しばらくして、気が済んだのか、敦はゆっくり僕を離す。その顔は真っ赤な顔ながらも、眉を下げて困った顔だった。そんな顔を見せられたら、僕の怒りなんてどこかにいってしまって、息を整えながら呆然と敦の顔を見る。
「もー、赤ちん、超ずりぃ」
「なにが?」
「かわいいことばっかいってさー、俺のこと殺す気?」
どこがかわいいのか。敦と同棲してからわかったが、敦のかわいい基準はおかしい。というか、僕のどんな行動でもかわいいとかほざく。なめているのか。頭が高いぞ。
「もう、俺やばいー。赤ちんへろへろなのに、また抱きたくなってきたー」
その発言に僕は絶句した。ありえない。こいつ絶倫か。僕の身体がもたない。しかし、それは敦もわかっているのだろう。僕の頭にすりすりと頬をくっつけるだけで、それ以上の接触はしてこない。
「離れろ、敦。そもそも今日だって昼から講義があるんだ。たとえ、僕に体力があったとしても無理だ」
今の最大の難点は全く体が動けないことだけどね。まぁ、それはなんとかしよう。いざとなれば、大学の入り口までタクシーを乗っていけばいい。そんな僕の思考を読んでいるのか、いないのか、敦は呆れながら残酷な言葉を吐いた。
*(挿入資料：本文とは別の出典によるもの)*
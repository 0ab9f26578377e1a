-- ===== src/Reconcile/Judge/Finality.antt =====
-- workflows/reconcile/src/reconcile.ts: when an observation is judged to end a transaction as conflicted.
use cell_flow.Prelude.{
  ◌≡◌, ◌≢◌, ◌⊎◌, true, Option, some, none, arith, refl, Bool-cases, inl, inr, sym, ap, ◌∙◌, ◌≤◌,
  ◌<◌, length, Any,
}
use cell_flow.Core.Status.{WorkflowStatus, ConflictType, workflow_eq, chain_eq}
use cell_flow.Core.Types.{
  ExecutionSnapshot, ObservedStatus, ChainObservation, ApplyObservationResult,
}
use cell_flow.Core.Errors.{ok, ok-injective, CellFlowError, err}
use cell_flow.Core.Observation.{shows_transaction, set_workflow_status, supersede_node_rejection}
use cell_flow.Core.Conflict.{conflict_observation_matured}
use cell_flow.Rpc.Session.{RpcTransactionResult}
use cell_flow.Rpc.Inspect.{InputInspectionState, InputInspection}
use cell_flow.Store.Rows.{ExecutionRecord, IntentAggregate}
use cell_flow.Rpc.Client.{inspect_input_out_points_at}
use cell_flow.Reconcile.Corroborate.{distinct}
use cell_flow.Reconcile.Corroborate.Endpoints.{Corroborates, spend_corroborated}
use cell_flow.Reconcile.Judge.Payload.{IsShown, IsMismatched, payload_mismatch-IsMismatched}
use cell_flow.Reconcile.Draft.{
  Context, Draft, payload_mismatch, first_draft, mismatch_draft, found_draft,
}
use cell_flow.Reconcile.Contention.{contended_draft}
use cell_flow.Reconcile.Spend.{spent_draft, corroboration, evidence_of}
use cell_flow.Reconcile.Judge.{
  live_draft, uncertain_draft, inspected_draft, absent_draft, judged_draft,
}

-- The evidence for the end of a transaction whose input is spent: the run of observations has
-- matured, and another configured endpoint than the one that was asked finds an input spent too,
-- where two or more are configured.
pub record IsSpentForGood (x : Context) (e : ExecutionRecord) (i : InputInspection) : Type 0 where
  pub state_spent : i.state ≡ InputInspectionState.canonically_spent
  pub matured :
      conflict_observation_matured e.confirmation_policy e.conflict_details (evidence_of x i) ≡ true
  pub corroborated :
      ((2 ≤ length (distinct x.endpoints))
        × Any
            (Corroborates
              (λ u. inspect_input_out_points_at x.client x.now u x.inputs x.identity)
              i.endpoint)
            x.endpoints)
      ⊎ (length (distinct x.endpoints) < 2)

first_status :
    (e : ExecutionRecord) (o : ChainObservation) (applied : ApplyObservationResult)
    → (first_draft e o applied).snapshot.workflow_status ≡ applied.snapshot.workflow_status
unfolding first_draft supersede_node_rejection
first_status e o applied = ground arith

spent_conflicted :
    (x : Context) (e : ExecutionRecord) (i : InputInspection) (d out : Draft)
    → spent_draft x e i d ≡ ok out
    → d.snapshot.workflow_status ≢ WorkflowStatus.conflicted
    → out.snapshot.workflow_status ≡ WorkflowStatus.conflicted
    → (conflict_observation_matured e.confirmation_policy e.conflict_details (evidence_of x i)
        ≡ true)
      × ((corroboration x i).confirmed ≡ true)
      × (out.conflict_type ≡ some ConflictType.input_spent)
unfolding spent_draft set_workflow_status
spent_conflicted x e i d out h n w = ground arith

agreed :
    (x : Context) (i : InputInspection)
    → (corroboration x i).confirmed ≡ true
    → ((2 ≤ length (distinct x.endpoints))
        × Any
            (Corroborates
              (λ u. inspect_input_out_points_at x.client x.now u x.inputs x.identity)
              i.endpoint)
            x.endpoints)
      ⊎ (length (distinct x.endpoints) < 2)
agreed x i h = elim (spend_corroborated x.client x.now i x.endpoints x.inputs x.identity h) [
  | inl others ↦ inl others
  | inr (alone, state) ↦ inr alone
]

-- How an inspection of the inputs can end the workflow.
abbrev Ends : Context → ExecutionRecord → InputInspection → Draft → Type 0
Ends x e i out = IsSpentForGood x e i × (out.conflict_type ≡ some ConflictType.input_spent)

inspected_conflicted :
    (x : Context) (e : ExecutionRecord) (i : InputInspection) (d out : Draft)
    (state : InputInspectionState)
    → i.state ≡ state
    → inspected_draft x e i d ≡ ok out
    → d.snapshot.workflow_status ≢ WorkflowStatus.conflicted
    → out.snapshot.workflow_status ≡ WorkflowStatus.conflicted
    → Ends x e i out
unfolding inspected_draft contended_draft live_draft uncertain_draft
inspected_conflicted x e i d out InputInspectionState.canonically_spent s h n w =
    let (m, c, t) = spent_conflicted x e i d out (rw (inspected_draft, s) at h) n w in
    (record { state_spent = s; matured = m; corroborated = agreed x i c }, t)
inspected_conflicted x e i d out InputInspectionState.mempool_contended s h n w =
    absurd (ground arith)
inspected_conflicted x e i d out InputInspectionState.all_live s h n w = absurd (ground arith)
inspected_conflicted x e i d out InputInspectionState.unknown s h n w = absurd (ground arith)

absent_conflicted :
    (x : Context) (e : ExecutionRecord) (status : ObservedStatus) (i : Option InputInspection)
    (d out : Draft)
    → absent_draft x e status i d ≡ ok out
    → d.snapshot.workflow_status ≢ WorkflowStatus.conflicted
    → out.snapshot.workflow_status ≡ WorkflowStatus.conflicted
    → (status ≡ ObservedStatus.unknown)
      × (found : InputInspection) × (i ≡ some found)
      × Ends x e found out
unfolding absent_draft
absent_conflicted x e ObservedStatus.unknown (some i) d out h n w =
    (refl, i, refl, inspected_conflicted x e i d out i.state refl h n w)
absent_conflicted x e ObservedStatus.unknown none d out h n w = absurd (ground arith)
absent_conflicted x e ObservedStatus.pending i d out h n w = absurd (ground arith)
absent_conflicted x e ObservedStatus.proposed i d out h n w = absurd (ground arith)
absent_conflicted x e ObservedStatus.committed i d out h n w = absurd (ground arith)
absent_conflicted x e ObservedStatus.rejected i d out h n w = absurd (ground arith)

found_status :
    (e : ExecutionRecord) (s : ObservedStatus) (d : Draft)
    → (found_draft e s d).snapshot ≡ d.snapshot
unfolding found_draft
found_status e s d = ground arith

mismatch_type :
    (x : Context) (g : IntentAggregate) (o : ChainObservation) (r : Option RpcTransactionResult)
    (d out : Draft)
    → mismatch_draft x g o r d ≡ ok out
    → out.conflict_type ≡ some ConflictType.signed_payload_mismatch
unfolding mismatch_draft set_workflow_status
mismatch_type x g o r d out h = ground arith

-- An observation that did not itself make the workflow CONFLICTED is judged to do so in two cases
-- only. The node shows the transaction with another signed payload than the recorded one; or the
-- transaction is absent, an input is spent, the run of spend observations has matured, and the
-- configured endpoints corroborate the spend.
pub judged_conflicted :
    (x : Context) (g : IntentAggregate) (o : ChainObservation) (r : Option RpcTransactionResult)
    (i : Option InputInspection) (applied : ApplyObservationResult) (out : Draft)
    → judged_draft x g o r i applied ≡ ok out
    → applied.snapshot.workflow_status ≢ WorkflowStatus.conflicted
    → out.snapshot.workflow_status ≡ WorkflowStatus.conflicted
    → (IsShown o.status
        × IsMismatched x g r
        × (out.conflict_type ≡ some ConflictType.signed_payload_mismatch))
      ⊎ ((o.status ≡ ObservedStatus.unknown)
          × (found : InputInspection) × (i ≡ some found)
          × IsSpentForGood x g.execution found
          × (out.conflict_type ≡ some ConflictType.input_spent))
unfolding judged_draft
judged_conflicted x g o r i applied out h n w =
    elim (Bool-cases (payload_mismatch x g o.status r)) [
      | inl y ↦
          let (shown, differs_there) = payload_mismatch-IsMismatched x g o.status r y in
          inl (shown, differs_there, mismatch_type x g o r _ out (rw y at h))
      | inr m ↦ elim (Bool-cases (shows_transaction o.status)) [
        | inl y ↦ absurd (
            n (
              sym (first_status g.execution o applied)
              ∙ ap (λ (s : ExecutionSnapshot). s.workflow_status)
                  (sym (found_status g.execution o.status (first_draft g.execution o applied)))
              ∙ ap (λ (q : Draft). q.snapshot.workflow_status) (ok-injective _ out (rw (m, y) at h))
              ∙ w))
        | inr k ↦
            let (u, f, e, (s, t)) =
              absent_conflicted x g.execution o.status i (first_draft g.execution o applied) out
                (rw (m, k) at h) (λ q. n (sym (first_status g.execution o applied) ∙ q)) w in
            inr (u, f, e, s, t)
      ]
    ]

spent_total :
    (x : Context) (e : ExecutionRecord) (i : InputInspection) (d : Draft) (error : CellFlowError)
    → spent_draft x e i d ≢ err error
unfolding spent_draft set_workflow_status
spent_total x e i d error = ground arith

inspected_total :
    (x : Context) (e : ExecutionRecord) (i : InputInspection) (d : Draft) (error : CellFlowError)
    (state : InputInspectionState)
    → i.state ≡ state
    → inspected_draft x e i d ≢ err error
unfolding inspected_draft
inspected_total x e i d error InputInspectionState.canonically_spent s h =
    spent_total x e i d error (rw (inspected_draft, s) at h)
inspected_total x e i d error InputInspectionState.mempool_contended s h = absurd (ground arith)
inspected_total x e i d error InputInspectionState.all_live s h = absurd (ground arith)
inspected_total x e i d error InputInspectionState.unknown s h = absurd (ground arith)

absent_total :
    (x : Context) (e : ExecutionRecord) (status : ObservedStatus) (i : Option InputInspection)
    (d : Draft) (error : CellFlowError)
    → absent_draft x e status i d ≢ err error
unfolding absent_draft
absent_total x e ObservedStatus.unknown (some i) d error h =
    inspected_total x e i d error i.state refl h
absent_total x e ObservedStatus.unknown none d error h = absurd (ground arith)
absent_total x e ObservedStatus.pending i d error h = absurd (ground arith)
absent_total x e ObservedStatus.proposed i d error h = absurd (ground arith)
absent_total x e ObservedStatus.committed i d error h = absurd (ground arith)
absent_total x e ObservedStatus.rejected i d error h = absurd (ground arith)

mismatch_total :
    (x : Context) (g : IntentAggregate) (o : ChainObservation) (r : Option RpcTransactionResult)
    (d : Draft) (error : CellFlowError)
    → mismatch_draft x g o r d ≢ err error
unfolding mismatch_draft set_workflow_status
mismatch_total x g o r d error = ground arith

-- Every applied observation is judged.
pub judged_total :
    (x : Context) (g : IntentAggregate) (o : ChainObservation) (r : Option RpcTransactionResult)
    (i : Option InputInspection) (applied : ApplyObservationResult) (error : CellFlowError)
    → judged_draft x g o r i applied ≢ err error
unfolding judged_draft
judged_total x g o r i applied error h = elim (Bool-cases (payload_mismatch x g o.status r)) [
  | inl y ↦ mismatch_total x g o r _ error (rw y at h)
  | inr m ↦ elim (Bool-cases (shows_transaction o.status)) [
    | inl y ↦ cc (rw (m, y) at h)
    | inr k ↦ absent_total x g.execution o.status i _ error (rw (m, k) at h)
  ]
]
「講義って…赤ちん、動けないじゃん。というか、もう11時過ぎてるし」
「え」
11、時、だと…じゃあ、さっきの携帯は…!
「敦!携帯とってくれ!」
あわてて敦に頼むが、敦は渋い顔をするだけ。
「えー、ごろごろしよー」
「…敦」
「はーい」
少しだけ声を低くして頼めば、従順な敦は言うことを聞く。ベッドヘッドに置いている携帯をとり、敦は僕に渡す。僕は急いで携帯を開くと、一着のメールが来ていた。
<黒子から話は聞いたよ!
ノートはばっちりとっとくから、安心して!
あと、身体は大事にしろよ。
光樹>
それを見た瞬間、僕は自分のアホさ加減に泣きたくなった。一番知られたくない人物に知られてしまった…誰か、昨日の僕を殴ってください、お願いします。